Monday, December 15, 2014

Observations on 3-fold interactions

Sorry about how "mathy" this post is. I'm percolating about what to write about gay blood donors, but I need to think on that for another few days.

The last lecture for my epi class was about effect measure modification (interactions). Most people do it completely wrong, they use an interaction term in a statistical model (Y=a +b1X1 + b2X2 + b3X1X2), and then interpret b3 as though it's telling you something interesting. It isn't (except in extremely unusual circumstances).
What you really want to know is the degree to which being exposed to X1 and X2 produces more disease than you'd expect if all you know was the effect of X1 in the absence of X2 and the effect of X2 in the absence of X1.
Or, in mathy terms, let Rij be the rate of disease when X1=i and X2=j
We want to know whether (R11-R00), The difference that both make when working together, is greater or less than (R01-R00) + (R10-R00), the difference each makes in the absence of the other.

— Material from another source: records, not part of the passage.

-- ===== src/Stores/Operations/Deletion.antt =====
-- A deletion that runs again, of backend/poi_admin/stores/operations.py.
use poi_hub.Base.{
  ℕ, String, ◌≡◌, refl, sym, subst, Bool, true, false, Option, none, some, List, ◌==◌, arith,
  eq_iff,
}
use poi_hub.Base.Rows.{find, write}
use poi_hub.Base.Rows.Laws.{find-write, find-test}
use poi_hub.Base.Json.{Fields, get_str, field, end, str}
use poi_hub.Base.Result.{Result, ok, err, after_ok}
use poi_hub.Connections.Model.{WeChatConnection}
use poi_hub.Connections.Ports.{terminal}
use poi_hub.Connections.Service.{get_connection}
use poi_hub.Operations.Model.{Operation}
use poi_hub.Operations.Errors.{Failure, gateway}
use poi_hub.Stores.Model.{ServicePoi, get_poi}
use poi_hub.Stores.Operations.{
  PoiGateway, StoreDb, require, check, is_poi, restatused, save_status, gone, is_missing,
  gateway_for, poi_for, delete,
}

required :
    {A : Type 0} (o : Option A) (message code : String) (a : A)
    → require o message code ≡ ok a
    → o ≡ some a
unfolding require
required none message code a e = absurd (ground arith)
required (some x) message code a e = ground arith

checked : (b : Bool) (message code : String) (u : Unit) → check b message code ≡ ok u → b ≡ true
unfolding check
checked true message code u e = refl
checked false message code u e = absurd (ground arith)

restatused_key :
    (tenant i status : String) (now : ℕ) (p : ServicePoi)
    → is_poi tenant i (restatused status now p) ≡ is_poi tenant i p
unfolding restatused
restatused_key tenant i status now p = refl

restatused_status :
    (status : String) (now : ℕ) (p : ServicePoi) → (restatused status now p).remote_status ≡ status
unfolding restatused
restatused_status status now p = refl

saved :
    (op : Operation) (c : WeChatConnection) (db : StoreDb) (p : ServicePoi) (status : String)
    (now : ℕ)
    → get_str "poi_id" op.payload ≡ some p.id
    → find
        (is_poi op.tenant_id p.id)
        (write (is_poi op.tenant_id p.id) (restatused status now) db.pois)
      ≡ some (restatused status now p)
    → (p.connection_id == c.id) ≡ true
    → poi_for op c (save_status op.tenant_id p.id status now db) ≡ ok (restatused status now p)
unfolding poi_for get_poi save_status require check restatused
saved op c db p status now named row same = rw (poi_for, named, get_poi, row, same) refl

written :
    (tenant i : String) (p : ServicePoi) (status : String) (now : ℕ) (table : List ServicePoi)
    → find (is_poi tenant i) table ≡ some p
    → find (is_poi tenant i) (write (is_poi tenant i) (restatused status now) table)
      ≡ some (restatused status now p)
written tenant i p status now table row =
    rw
      (
        find-write (is_poi tenant i) (is_poi tenant i) (restatused status now)
            (restatused_key tenant i status now) (λ x h. h) table,
        row,
        find-test (is_poi tenant i) table p row,
      )
      refl

-- the row of an operation, after its status has been written
poi_for-save_status :
    (op : Operation) (c : WeChatConnection) (db : StoreDb) (p : ServicePoi) (status : String)
    (now : ℕ)
    → poi_for op c db ≡ ok p
    → poi_for op c (save_status op.tenant_id p.id status now db) ≡ ok (restatused status now p)
unfolding poi_for get_poi save_status
poi_for-save_status op c db p status now e =
    after_ok
      (require (get_str "poi_id" op.payload) "POI operation is missing poi_id"
        "invalid_operation_payload")
      _ p _
      (λ i a r1.
        after_ok (require (get_poi op.tenant_id i db.pois) "POI was not found" "poi_not_found") _ p
          _
          (λ q b r2.
            after_ok (check (q.connection_id == c.id) "POI was not found" "poi_not_found") _ p _
              (λ _ d last.
                let named = required _ _ _ i a in
                let row : find (is_poi op.tenant_id i) db.pois ≡ some q = required _ _ _ q b in
                let its : q ≡ p = ground arith in
                let mine = find-test (is_poi op.tenant_id i) db.pois q row in
                let key : p.id ≡ i = rw (← its) ((eq_iff q.id i).0 (ground arith)) in
                let same_connection : p.connection_id == c.id ≡ true =
                  rw (← its) (checked _ _ _ _ d) in
                let row_p : find (is_poi op.tenant_id p.id) db.pois ≡ some p =
                  subst (λ j. find (is_poi op.tenant_id j) db.pois ≡ some p) (sym key)
                    (subst (λ x. find (is_poi op.tenant_id i) db.pois ≡ some x) its row) in
                saved op c db p status now (rw key named)
                  (written op.tenant_id p.id p status now db.pois row_p) same_connection)
              r2)
          r1)
      e

module _ (connections : List WeChatConnection)
    (connect connect' : WeChatConnection → Result Failure PoiGateway) where
  -- the same connection, with another gateway
  gateway_for-connection :
      (op : Operation) (g : PoiGateway) (c : WeChatConnection) (g' : PoiGateway)
      → gateway_for connections connect op ≡ ok (g, c)
      → connect' c ≡ ok g'
      → gateway_for connections connect' op ≡ ok (g', c)
  unfolding gateway_for
  gateway_for-connection op g c g' e made =
      after_ok
        (require op.connection_id "POI operation connection is missing" "connection_not_found") _
        (g, c) _
        (λ i a r1.
          after_ok
            (require (get_connection op.tenant_id i connections)
              "POI operation connection was not found" "connection_not_found")
            _ (g, c) _
            (λ x b r2.
              after_ok
                (check (x.capability == "service_poi") "Connection does not support service POIs"
                  "invalid_connection")
                _ (g, c) _
                (λ u d r3.
                  after_ok (connect x) _ (g, c) _
                    (λ h _ last.
                      let its : x ≡ c = ground arith in
                      let made' : connect' x ≡ ok g' = rw its made in
                      let end' : ok (g', x) ≡ ok (g', c) = rw its refl in
                      rw (gateway_for, a, b, d, made') end')
                    r3)
                r2)
            r1)
        e

  missing_gone :
      (g' : PoiGateway) (message : String)
      → ((x : String) → g'.delete_poi x ≡ err (gateway (terminal message "poi_not_found")))
      → (x : String) → gone (g'.delete_poi x) ≡ ok tt
  unfolding gone is_missing
  missing_gone g' message missing x = rw (missing x, gone, is_missing) refl

  deleted_again :
      (now now' : ℕ) (op : Operation) (db : StoreDb) (g' : PoiGateway) (c : WeChatConnection)
      (p : ServicePoi)
      → gateway_for connections connect' op ≡ ok (g', c)
      → ((x : String) → gone (g'.delete_poi x) ≡ ok tt)
      → poi_for op c (save_status op.tenant_id p.id "deleted" now db)
        ≡ ok (restatused "deleted" now p)
      → delete connections connect' now' op (save_status op.tenant_id p.id "deleted" now db)
        ≡ ok (
          field "poi_id" (str p.id) (field "external_poi_id" (str p.external_poi_id) end),
          save_status op.tenant_id p.id "deleted" now'
              (save_status op.tenant_id p.id "deleted" now db),
        )
  unfolding delete restatused
  deleted_again now now' op db g' c p a b d = rw (delete, a, d, b p.external_poi_id) refl

  -- A deletion whose worker has crashed after it has written may run again: when the gateway then has
  -- no such POI, it answers as it did the first time, and the POI is set deleted as before.
  pub delete_again :
      (now now' : ℕ) (op : Operation) (db : StoreDb) (answer : Fields) (db' : StoreDb)
      (g' : PoiGateway) (message : String)
      → delete connections connect now op db ≡ ok (answer, db')
      → ((c : WeChatConnection) → connect' c ≡ ok g')
      → ((x : String) → g'.delete_poi x ≡ err (gateway (terminal message "poi_not_found")))
      → (db'' : StoreDb) × (delete connections connect' now' op db' ≡ ok (answer, db''))
        × (c : WeChatConnection) × (p : ServicePoi) × (poi_for op c db'' ≡ ok p)
        × (p.remote_status ≡ "deleted")
  unfolding delete
  delete_again now now' op db answer db' g' message e made missing =
      after_ok (gateway_for connections connect op) _ (answer, db') _
        (λ gc a r1.
          after_ok (poi_for op gc.1 db) _ (answer, db') _
            (λ p b r2.
              after_ok (gone (gc.0.delete_poi p.external_poi_id)) _ (answer, db') _
                (λ _ d last. again gc.0 gc.1 p a b (ground arith) (ground arith)) r2)
            r1)
        e
    where
      again :
          (g : PoiGateway) (c : WeChatConnection) (p : ServicePoi)
          → gateway_for connections connect op ≡ ok (g, c)
          → poi_for op c db ≡ ok p
          → answer ≡ field "poi_id" (str p.id) (field "external_poi_id" (str p.external_poi_id) end)
          → db' ≡ save_status op.tenant_id p.id "deleted" now db
          → (db'' : StoreDb) × (delete connections connect' now' op db' ≡ ok (answer, db''))
            × (c : WeChatConnection) × (p : ServicePoi) × (poi_for op c db'' ≡ ok p)
            × (p.remote_status ≡ "deleted")
      again g c p a b ans left =
          let first = poi_for-save_status op c db p "deleted" now b in
          (
            save_status op.tenant_id p.id "deleted" now'
                (save_status op.tenant_id p.id "deleted" now db),
            rw (ans, left)
                (deleted_again now now' op db g' c p (gateway_for-connection op g c g' a (made c))
                  (missing_gone g' message missing) first),
            c,
            restatused "deleted" now' (restatused "deleted" now p),
            poi_for-save_status op c (save_status op.tenant_id p.id "deleted" now db)
                (restatused "deleted" now p) "deleted" now' first,
            restatused_status "deleted" now' (restatused "deleted" now p),
          )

I'm going to skip right to the three-factor effect measure modification - here the idea is whether:
(R111-R000), the effect of all three together,
is comparable to the effect of each of the three in isolation:
(R100-R000) + (R010-R000) + (R001-R000).

First implication: In order to make that assessment, your study needs people with none of the exposures, all of the exposures, and at most one of the exposures. It does not need anyone with two of the exposures, so including any such subjects would be inefficient. That's bizarre.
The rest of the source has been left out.